• [Collected data entries]
^^^^^^^^
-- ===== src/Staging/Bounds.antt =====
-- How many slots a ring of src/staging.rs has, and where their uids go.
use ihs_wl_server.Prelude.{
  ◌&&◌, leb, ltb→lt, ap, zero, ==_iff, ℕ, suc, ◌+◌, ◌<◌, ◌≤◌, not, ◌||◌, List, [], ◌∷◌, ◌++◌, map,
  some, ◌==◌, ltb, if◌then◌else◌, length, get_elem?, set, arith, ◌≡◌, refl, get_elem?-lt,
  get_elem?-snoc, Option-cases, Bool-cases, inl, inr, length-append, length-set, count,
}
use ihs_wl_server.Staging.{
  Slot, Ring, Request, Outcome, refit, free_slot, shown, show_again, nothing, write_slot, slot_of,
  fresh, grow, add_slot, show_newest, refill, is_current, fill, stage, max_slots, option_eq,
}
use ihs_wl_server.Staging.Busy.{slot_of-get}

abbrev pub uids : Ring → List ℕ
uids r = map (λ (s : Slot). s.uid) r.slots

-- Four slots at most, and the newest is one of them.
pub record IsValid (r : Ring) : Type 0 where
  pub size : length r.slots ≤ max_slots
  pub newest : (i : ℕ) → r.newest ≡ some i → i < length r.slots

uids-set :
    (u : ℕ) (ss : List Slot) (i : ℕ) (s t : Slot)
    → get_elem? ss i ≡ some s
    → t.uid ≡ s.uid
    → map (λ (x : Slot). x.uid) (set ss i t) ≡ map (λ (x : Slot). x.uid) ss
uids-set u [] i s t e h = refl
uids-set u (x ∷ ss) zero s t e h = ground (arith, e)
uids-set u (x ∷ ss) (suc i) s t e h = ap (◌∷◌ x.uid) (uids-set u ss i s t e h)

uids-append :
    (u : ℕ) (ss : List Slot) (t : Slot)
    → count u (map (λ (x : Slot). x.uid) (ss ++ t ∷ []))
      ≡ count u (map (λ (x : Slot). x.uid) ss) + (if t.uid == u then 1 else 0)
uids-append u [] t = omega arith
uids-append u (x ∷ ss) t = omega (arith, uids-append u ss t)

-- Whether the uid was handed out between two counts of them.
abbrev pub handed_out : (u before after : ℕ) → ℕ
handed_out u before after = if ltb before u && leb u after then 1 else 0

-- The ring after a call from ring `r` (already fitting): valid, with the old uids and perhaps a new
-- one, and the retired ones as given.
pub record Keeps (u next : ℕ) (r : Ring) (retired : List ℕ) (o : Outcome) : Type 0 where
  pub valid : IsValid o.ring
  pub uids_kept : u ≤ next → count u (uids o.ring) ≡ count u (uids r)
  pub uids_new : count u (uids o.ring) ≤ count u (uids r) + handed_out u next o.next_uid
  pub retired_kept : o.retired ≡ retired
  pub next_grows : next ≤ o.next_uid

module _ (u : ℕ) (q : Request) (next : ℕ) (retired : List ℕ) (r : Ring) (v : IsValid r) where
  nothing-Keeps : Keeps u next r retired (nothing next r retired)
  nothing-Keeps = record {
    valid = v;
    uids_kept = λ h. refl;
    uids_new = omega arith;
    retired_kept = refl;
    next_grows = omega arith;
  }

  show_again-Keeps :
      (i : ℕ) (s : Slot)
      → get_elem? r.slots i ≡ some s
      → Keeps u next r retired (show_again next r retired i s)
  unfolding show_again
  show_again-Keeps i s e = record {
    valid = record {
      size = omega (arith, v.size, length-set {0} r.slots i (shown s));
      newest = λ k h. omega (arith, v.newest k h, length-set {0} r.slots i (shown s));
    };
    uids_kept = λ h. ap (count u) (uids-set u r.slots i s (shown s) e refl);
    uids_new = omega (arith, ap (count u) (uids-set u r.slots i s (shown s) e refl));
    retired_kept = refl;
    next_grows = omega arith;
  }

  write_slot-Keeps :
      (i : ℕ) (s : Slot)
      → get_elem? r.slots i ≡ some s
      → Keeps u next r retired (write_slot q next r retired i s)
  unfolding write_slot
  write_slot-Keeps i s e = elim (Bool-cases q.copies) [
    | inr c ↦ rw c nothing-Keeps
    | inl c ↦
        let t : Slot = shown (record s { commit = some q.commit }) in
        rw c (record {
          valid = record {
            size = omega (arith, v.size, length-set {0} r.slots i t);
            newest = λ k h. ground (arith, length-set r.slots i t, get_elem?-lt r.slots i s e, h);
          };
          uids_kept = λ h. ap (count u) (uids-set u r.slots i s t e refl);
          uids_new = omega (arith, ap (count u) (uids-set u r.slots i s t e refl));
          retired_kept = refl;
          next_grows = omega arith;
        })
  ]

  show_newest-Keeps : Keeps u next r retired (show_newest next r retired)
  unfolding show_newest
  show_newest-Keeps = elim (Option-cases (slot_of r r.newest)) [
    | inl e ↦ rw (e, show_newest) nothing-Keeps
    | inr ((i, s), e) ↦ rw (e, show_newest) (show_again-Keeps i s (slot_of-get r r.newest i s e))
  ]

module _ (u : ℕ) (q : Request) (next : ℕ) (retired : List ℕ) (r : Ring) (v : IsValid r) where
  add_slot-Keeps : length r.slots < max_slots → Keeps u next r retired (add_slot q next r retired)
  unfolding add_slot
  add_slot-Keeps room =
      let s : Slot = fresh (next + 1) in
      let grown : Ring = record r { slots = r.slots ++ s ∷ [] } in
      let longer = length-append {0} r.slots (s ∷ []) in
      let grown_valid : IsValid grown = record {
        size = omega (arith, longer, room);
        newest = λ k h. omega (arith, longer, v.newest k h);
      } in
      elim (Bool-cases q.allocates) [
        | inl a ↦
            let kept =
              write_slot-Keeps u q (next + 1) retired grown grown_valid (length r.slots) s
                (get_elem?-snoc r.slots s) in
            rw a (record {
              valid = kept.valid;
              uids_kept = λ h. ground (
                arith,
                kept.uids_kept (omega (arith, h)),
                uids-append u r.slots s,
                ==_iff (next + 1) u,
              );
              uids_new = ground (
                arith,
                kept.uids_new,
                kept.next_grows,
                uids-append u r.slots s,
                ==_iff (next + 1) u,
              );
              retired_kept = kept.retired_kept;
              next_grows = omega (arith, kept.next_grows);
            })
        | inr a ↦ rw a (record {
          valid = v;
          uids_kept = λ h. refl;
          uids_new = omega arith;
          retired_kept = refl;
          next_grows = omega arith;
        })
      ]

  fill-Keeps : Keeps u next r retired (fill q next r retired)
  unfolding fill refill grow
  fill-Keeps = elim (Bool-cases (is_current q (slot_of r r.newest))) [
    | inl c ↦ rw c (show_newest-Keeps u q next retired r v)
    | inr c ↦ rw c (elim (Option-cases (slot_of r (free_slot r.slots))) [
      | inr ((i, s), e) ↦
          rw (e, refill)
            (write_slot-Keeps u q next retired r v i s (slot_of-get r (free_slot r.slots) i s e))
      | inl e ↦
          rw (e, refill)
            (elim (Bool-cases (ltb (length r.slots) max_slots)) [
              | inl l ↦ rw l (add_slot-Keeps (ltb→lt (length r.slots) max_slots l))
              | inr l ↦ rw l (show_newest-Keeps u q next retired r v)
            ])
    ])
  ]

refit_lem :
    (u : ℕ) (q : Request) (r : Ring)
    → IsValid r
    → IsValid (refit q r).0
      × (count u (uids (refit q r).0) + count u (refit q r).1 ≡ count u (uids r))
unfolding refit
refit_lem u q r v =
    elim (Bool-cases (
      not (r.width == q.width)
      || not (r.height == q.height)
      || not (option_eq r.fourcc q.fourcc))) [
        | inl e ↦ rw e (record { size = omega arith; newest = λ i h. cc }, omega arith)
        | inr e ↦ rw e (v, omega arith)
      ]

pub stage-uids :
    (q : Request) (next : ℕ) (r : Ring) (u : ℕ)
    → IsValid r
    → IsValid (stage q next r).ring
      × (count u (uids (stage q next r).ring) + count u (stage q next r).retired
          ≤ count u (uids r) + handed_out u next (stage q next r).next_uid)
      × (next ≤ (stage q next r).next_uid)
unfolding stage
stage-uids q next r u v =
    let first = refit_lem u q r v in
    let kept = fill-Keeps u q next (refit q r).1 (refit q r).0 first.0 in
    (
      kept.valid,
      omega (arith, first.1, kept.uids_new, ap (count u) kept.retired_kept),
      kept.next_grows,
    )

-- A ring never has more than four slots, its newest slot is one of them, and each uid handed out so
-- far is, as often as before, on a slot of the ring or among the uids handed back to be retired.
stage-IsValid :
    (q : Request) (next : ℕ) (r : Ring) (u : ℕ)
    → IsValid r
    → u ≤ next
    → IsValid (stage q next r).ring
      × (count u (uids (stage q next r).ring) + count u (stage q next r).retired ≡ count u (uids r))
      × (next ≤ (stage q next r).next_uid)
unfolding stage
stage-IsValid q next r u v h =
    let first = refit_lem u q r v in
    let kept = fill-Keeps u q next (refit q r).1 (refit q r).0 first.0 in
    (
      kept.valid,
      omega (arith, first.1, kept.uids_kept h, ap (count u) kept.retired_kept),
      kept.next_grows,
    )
^^^^^^^^
• [EXERCISE INSTRUCTIONS]
Every line of the data above that includes "append" should be listed.

• [SOLVED PROBLEM]
  get_elem?-snoc, Option-cases, Bool-cases, inl, inr, length-append, length-set, count,
uids-append :
uids-append u [] t = omega arith
uids-append u (x ∷ ss) t = omega (arith, uids-append u ss t)
      let longer = length-append {0} r.slots (s ∷ []) in
                uids-append u r.slots s,
                uids-append u r.slots s,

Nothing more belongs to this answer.